The moment stretched. It was madness to think about giving in to this attraction. He knew it, and he was sure that she did, too. Yet he leaned closer, his gaze blurring, his senses filling with her nearness, until the soft exhalation of her breath warmed his lips.
“Don’t,” she whispered.
He felt the word more than he heard it. “Kelly…”
She slipped her hand between them, steepled her fingers on his chest and pushed him back.
He let her do it, knowing he should be thankful, hating the fact that he wasn’t.
“You still have the wrong idea,” she said. “All I’m interested in from you is business, that’s it. As I told you before, this isn’t personal.”
“If you’re going to spend the next week spying on me, it’s going to get damn personal.”
“It doesn’t have to.” She slipped sideways along the dressing table until she could step clear of him. “Stephan’s estate has eighty-seven acres. The main house has fifty-five rooms and there is enough guest accommodation on the property to house a small army. Unless we have business to do or you need to leave the estate, we probably won’t even see each other.”
“Whoa, what’s this about the estate?”
“I’m not going to be moving in with you, Nathan. It’s the other way around. Until the deal is done, Stephan wants you to stay with us.”

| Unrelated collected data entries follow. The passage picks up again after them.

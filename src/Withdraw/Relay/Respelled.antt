-- ===== src/Withdraw/Relay/Respelled.antt =====
-- The guard of `relay` compares the text of the nullifier, and the instruction is built from its bytes.
use bagsvault.Base.{◌∷◌, ◌++◌, Option, none, some, Str, codes, ◌≡◌, refl, false, lower, starts_with}
use bagsvault.Exceptions.{Result, ok, err}
use bagsvault.Withdraw.{cleaned, hex_to_bytes}
use bagsvault.Withdraw.Relay.{Picked, Request, Withdrawal, Prepared, prepare}
use bagsvault.Withdraw.Relay.Pipeline.{World, Services, Fresh, finish, handed, proceed, relay}

-- The same request with the nullifier written with a prefix.
abbrev pub respelled : Request → Request
respelled q = record {
  proof = q.proof;
  root = q.root;
  nullifier_hash = codes "0x" ++ q.nullifier_hash;
  recipient = q.recipient;
  amount = q.amount;
  token = q.token;
}

cleaned_prefix : (n : Str) → cleaned (codes "0x" ++ n) ≡ n
unfolding cleaned starts_with lower
cleaned_prefix n = refl

cleaned_plain : (n : Str) → starts_with (codes "0x") (lower n) ≡ false → cleaned n ≡ n
unfolding cleaned
cleaned_plain n h = rw h

hex_to_bytes-respelled :
    (n label : Str)
    → starts_with (codes "0x") (lower n) ≡ false
    → hex_to_bytes (codes "0x" ++ n) label ≡ hex_to_bytes n label
unfolding hex_to_bytes
hex_to_bytes-respelled n label h = rw (cleaned_prefix n) (rw (cleaned_plain n h))

module _ {S R : Type 0} (services : Services S R) where
  prepare-respelled :
      (picked : Result Picked) (existing : Option Withdrawal) (q : Request)
      → starts_with (codes "0x") (lower q.nullifier_hash) ≡ false
      → prepare services.keys services.settings services.chain picked existing (respelled q)
        ≡ prepare services.keys services.settings services.chain picked existing q
  unfolding prepare
  prepare-respelled picked existing q h = rw (hex_to_bytes-respelled q.nullifier_hash _ h)

  finish-submitted :
      (w : World S R) (fresh : Fresh) (q : Request) (p : Prepared) (sent : Result Str)
      → (finish services w fresh q p sent).0.submitted ≡ w.submitted
  unfolding finish
  finish-submitted w fresh q p (ok signature) = refl
  finish-submitted w fresh q p (err e) = refl

  -- If a request whose nullifier has no prefix is accepted as p where no row is stored, then the same
  -- request with the nullifier respelled with the prefix gives the same instruction to the chain,
  -- whatever row is stored for the text without it, as long as none is for the text with it.
  pub relay-respelled :
      (w : World S R) (fresh : Fresh) (q : Request) (p : Prepared) (row : Withdrawal)
      → starts_with (codes "0x") (lower q.nullifier_hash) ≡ false
      → services.rows.find_one w.withdrawals q.nullifier_hash ≡ some row
      → services.rows.find_one w.withdrawals (codes "0x" ++ q.nullifier_hash) ≡ none
      → prepare services.keys services.settings services.chain
          (services.pick_best w.relayers q.token)
          none
          q
        ≡ ok p
      → (relay services w fresh (respelled q)).0.submitted ≡ p.ix ∷ w.submitted
  unfolding relay proceed handed
  relay-respelled w fresh q p row plain stored free accepted =
      rw (free, prepare-respelled (services.pick_best w.relayers q.token) none q plain, accepted)
        (finish-submitted _ _ _ _ _)
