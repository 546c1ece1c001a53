-- ===== src/Examples/Withdrawals.antt =====
-- Withdrawals: the instruction and the relay.
use bagsvault.Base.{
  ℕ, ◌^◌, Bool, true, false, List, [], ◌∷◌, ◌++◌, Option, none, some, Str, codes, ◌≡◌, refl, ◌⊎◌,
  replicate, length, lower, starts_with, arith,
}
use bagsvault.Base.Hex.{pad32}
use bagsvault.Json.{str}
use bagsvault.Exceptions.{domain, conflict, Result, ok, err}
use bagsvault.Mongo.Table.{table, table-Laws, find, insert}
use bagsvault.Solana.Instruction.{Instruction}
use bagsvault.Solana.Keys.{sighash}
use bagsvault.Withdraw.{WithdrawArgs, build_withdraw_ix_for_pool}
use bagsvault.Withdraw.Relay.{
  Request, Withdrawal, Settings, Picked, Chain, Response, Prepared, prepare,
}
use bagsvault.Withdraw.Relay.Pipeline.{World, Services, Fresh, withdrawal, relay}
use bagsvault.Withdraw.Relay.Guard.{nullifier_of, Succeeded, relay-ok, relay-err}
use bagsvault.Withdraw.Relay.Twice.{Later, before, relay_all, Raised, relay_twice}
use bagsvault.Withdraw.Relay.Respelled.{respelled, relay-respelled}
use bagsvault.Withdraw.Layout.{handler_name, read_args, build-read}
use bagsvault.Examples.Fixtures.{ok_or, keys, keys_HaveLength, one_key}

abbrev chain : Chain
chain = record {
  executor = none;
  get_recent_blockhash = ok (str (codes "h"));
  pubkey_obj = ok one_key;
  build_and_sign = λ ixs hash payer. ok [];
  send_transaction = λ b64. ok (codes "sig");
}

abbrev services : Services (List Withdrawal) ℕ
services = record {
  keys = keys;
  settings = record {
    bagsvault_program_id = codes "P";
    vault_token_mint = [];
    relayer_fee_bps = 30;
  };
  chain = chain;
  rows = table nullifier_of;
  pick_best = λ r token. ok (record { relayer_id = codes "r"; fee_bps = none });
  update_last_seen = λ r id now. some now;
}

abbrev request : Request
request = record {
  proof = codes "01";
  root = codes "02";
  nullifier_hash = codes "ab";
  recipient = codes "R";
  amount = 5;
  token = codes "SOL";
}

abbrev empty : World (List Withdrawal) ℕ
empty = record { withdrawals = []; relayers = 0; submitted = [] }

abbrev fresh : Fresh
fresh = record { id = codes "1"; now = 9 }

abbrev after : World (List Withdrawal) ℕ
after = (relay services empty fresh request).0

abbrev answer : Response
answer = record { signature = codes "sig"; status = codes "submitted"; fee_bps = 30 }

abbrev prepared : Result Prepared
prepared = prepare keys services.settings chain (services.pick_best 0 request.token) none request

abbrev no_ix : Instruction
no_ix = record { program_id = []; accounts = []; body = [] }

abbrev accepted : Prepared
accepted = ok_or (record { ix = no_ix; payer = []; relayer_id = []; active_fee_bps = 0 }) prepared

answers : relay services empty fresh request ≡ (after, ok answer)
unfolding relay bagsvault.Withdraw.Relay.Pipeline.proceed find
    bagsvault.Withdraw.Relay.Pipeline.finish bagsvault.Withdraw.Relay.Pipeline.handed
    bagsvault.Withdraw.Relay.broadcast bagsvault.Withdraw.Relay.wrapped
    bagsvault.Solana.Executor.coerce_blockhash bagsvault.Base.Base64.b64encode
    bagsvault.Json.get_field bagsvault.Withdraw.hex_to_bytes bagsvault.Base.Hex.unhexlify
    bagsvault.Withdraw.cleaned starts_with lower bagsvault.Base.Hex.digit_value
    bagsvault.Base.Hex.pad32 bagsvault.Base.Hex.with_byte bagsvault.Base.to_lower
    bagsvault.Base.eq_str bagsvault.Withdraw.decode_recipient bagsvault.Withdraw.resolve_token_mint
    build_withdraw_ix_for_pool bagsvault.Withdraw.build_withdraw_ix bagsvault.Withdraw.ix_data
    bagsvault.Withdraw.to_bytes_le bagsvault.Base.Bytes.le_bytes bagsvault.Withdraw.derive_pdas
    sighash keys bagsvault.Withdraw.Relay.configured_program bagsvault.Withdraw.Relay.unspent
    prepare
answers = refl

relay-ok_example : Succeeded services empty fresh request after answer
relay-ok_example = relay-ok services empty after fresh request answer answers

refused :
    relay services after fresh request
    ≡ (after, err (domain conflict (codes "Nullifier already spent.")))
unfolding relay bagsvault.Withdraw.Relay.Pipeline.proceed find
    bagsvault.Withdraw.Relay.Pipeline.finish insert bagsvault.Withdraw.Relay.Pipeline.persisted
    bagsvault.Withdraw.Relay.Pipeline.withdrawal bagsvault.Withdraw.Relay.Pipeline.handed
    bagsvault.Withdraw.Relay.broadcast bagsvault.Withdraw.Relay.wrapped
    bagsvault.Solana.Executor.coerce_blockhash bagsvault.Base.Base64.b64encode
    bagsvault.Json.get_field bagsvault.Withdraw.hex_to_bytes bagsvault.Base.Hex.unhexlify
    bagsvault.Withdraw.cleaned starts_with lower bagsvault.Base.Hex.digit_value
    bagsvault.Base.Hex.pad32 bagsvault.Base.Hex.with_byte bagsvault.Base.to_lower
    bagsvault.Base.eq_str bagsvault.Withdraw.decode_recipient bagsvault.Withdraw.resolve_token_mint
    build_withdraw_ix_for_pool bagsvault.Withdraw.build_withdraw_ix bagsvault.Withdraw.ix_data
    bagsvault.Withdraw.to_bytes_le bagsvault.Base.Bytes.le_bytes bagsvault.Withdraw.derive_pdas
    sighash keys bagsvault.Withdraw.Relay.configured_program bagsvault.Withdraw.Relay.unspent
    prepare
refused = refl

relay-err_example : (after.withdrawals ≡ after.withdrawals) × (after.relayers ≡ after.relayers)
relay-err_example =
    relay-err services after after fresh request
      (domain conflict (codes "Nullifier already spent.")) refused

abbrev another : List Later
another =
    record {
      chain = chain;
      fresh = fresh;
      request = record {
        proof = codes "01";
        root = codes "02";
        nullifier_hash = codes "cd";
        recipient = codes "R";
        amount = 7;
        token = codes "SOL";
      };
    }
    ∷ []

relay_twice_example :
    ((p : Prepared) × (prepared ≡ ok p)
      × Raised (services.rows.insert_one [] (withdrawal fresh request p (codes "sig")))
      × (after.withdrawals ≡ empty.withdrawals))
    ⊎ (relay (before services chain) (relay_all services after another) fresh request ≡ (
      relay_all services after another,
      err (domain conflict (codes "Nullifier already spent.")),
    ))
unfolding find
relay_twice_example =
    relay_twice services (table-Laws nullifier_of) empty after fresh fresh request request answer
      another chain answers refl

is_prepared : prepared ≡ ok accepted
unfolding bagsvault.Withdraw.hex_to_bytes bagsvault.Base.Hex.unhexlify bagsvault.Withdraw.cleaned
    starts_with lower bagsvault.Base.Hex.digit_value bagsvault.Base.Hex.pad32
    bagsvault.Base.Hex.with_byte bagsvault.Base.to_lower bagsvault.Base.eq_str
    bagsvault.Withdraw.decode_recipient bagsvault.Withdraw.resolve_token_mint
    build_withdraw_ix_for_pool bagsvault.Withdraw.build_withdraw_ix bagsvault.Withdraw.ix_data
    bagsvault.Withdraw.to_bytes_le bagsvault.Base.Bytes.le_bytes bagsvault.Withdraw.derive_pdas
    sighash keys bagsvault.Withdraw.Relay.configured_program bagsvault.Withdraw.Relay.unspent
    prepare
is_prepared = refl

abbrev stored : Withdrawal
stored = record {
  id = [];
  nullifier_hash = codes "ab";
  recipient = [];
  amount = 0;
  token = [];
  relayer_id = [];
  tx_signature = [];
  created_at = 0;
}

abbrev with_row : World (List Withdrawal) ℕ
with_row = record { withdrawals = stored ∷ []; relayers = 0; submitted = [] }

no_prefix : starts_with (codes "0x") (lower request.nullifier_hash) ≡ false
unfolding starts_with lower
no_prefix = refl

found_plain : find nullifier_of (stored ∷ []) request.nullifier_hash ≡ some stored
unfolding find bagsvault.Base.eq_str
found_plain = refl

missing_prefixed : find nullifier_of (stored ∷ []) (codes "0x" ++ request.nullifier_hash) ≡ none
unfolding find bagsvault.Base.eq_str
missing_prefixed = refl

relay-respelled_example :
    (relay services with_row fresh (respelled request)).0.submitted ≡ accepted.ix ∷ []
relay-respelled_example =
    relay-respelled services with_row fresh request accepted stored no_prefix found_plain
      missing_prefixed is_prepared

abbrev args : WithdrawArgs
args = record {
  program_id = one_key;
  token_mint = one_key;
  recipient = one_key;
  relayer = one_key;
  proof_bytes = 1 ∷ 2 ∷ [];
  root_bytes = 3 ∷ [];
  nullifier_bytes = 4 ∷ [];
  amount = 500;
}

abbrev built : Instruction
built = ok_or no_ix (build_withdraw_ix_for_pool keys args)

is_built : build_withdraw_ix_for_pool keys args ≡ ok built
unfolding build_withdraw_ix_for_pool bagsvault.Withdraw.build_withdraw_ix
    bagsvault.Withdraw.build_withdraw_spl_ix bagsvault.Withdraw.ix_data
    bagsvault.Withdraw.to_bytes_le bagsvault.Base.eq_str
is_built = refl

build-read_example : read_args built.body ≡ record {
  discriminator = sighash keys (handler_name one_key);
  proof = 1 ∷ 2 ∷ [];
  root = pad32 (3 ∷ []);
  nullifier_hash = pad32 (4 ∷ []);
  recipient = one_key;
  amount = 500;
  rest = [];
}
build-read_example = build-read keys args built keys_HaveLength refl is_built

The rhythm of the words was soothing, as familiar and well-worn as the rabbit Jamie clutched. Kelly pitched her voice low, savoring the peaceful hush of the evening routine. She had chosen Robert Munsch’s Love You Forever tonight. She remembered her own mother reading it to her. They would snuggle together on the bed, just as she was doing with Jamie, only that bed had been crammed under the eaves of a bedroom a quarter the size of this one.
Kelly had liked the way the ceiling had sloped over her head. It hadn’t felt cramped, it had felt cozy. In the summer, the breeze through her window had brought the sound of rustling leaves from the big maple in the front yard and the train whistle from the crossing at the bend of the highway. In the winter, she would curl up under the same quilt that her mother had used as a child, the one her grandmother had embroidered with nursery rhyme characters.
“‘I’ll love you forever,’” Kelly read. “‘I’ll like you for always. As long as I’m living, my baby you’ll be.’”
The words were a chorus that was repeated throughout the story, a song from a mother to her child. Kelly carried them in her heart. Whenever she needed to hear them, she could call up the memory of that bedroom in the house in Maple Ridge and it all came back. Not just the sounds and the images, but the feelings: safety, comfort, belonging and, above all, the persistence of love.
She brushed a kiss on the top of her son’s curls before she turned the page. When she had been a child, she had listened to her mother’s voice more than to the words. She hadn’t understood the emotion she’d heard—it wasn’t until she’d had a baby of her own that she did—yet she hadn’t been too young to understand the power of a voice.
That was when Kelly had first dreamed of being a singer.
Would her mother still love her if she knew what Kelly had become?
She blinked hard to stop the rush of tears. Damn that Nathan Rand for stirring up the past with his questions yesterday. Sometimes she could go for days without thinking about it, but the home and the family she’d left behind were too much a part of her to forget for long.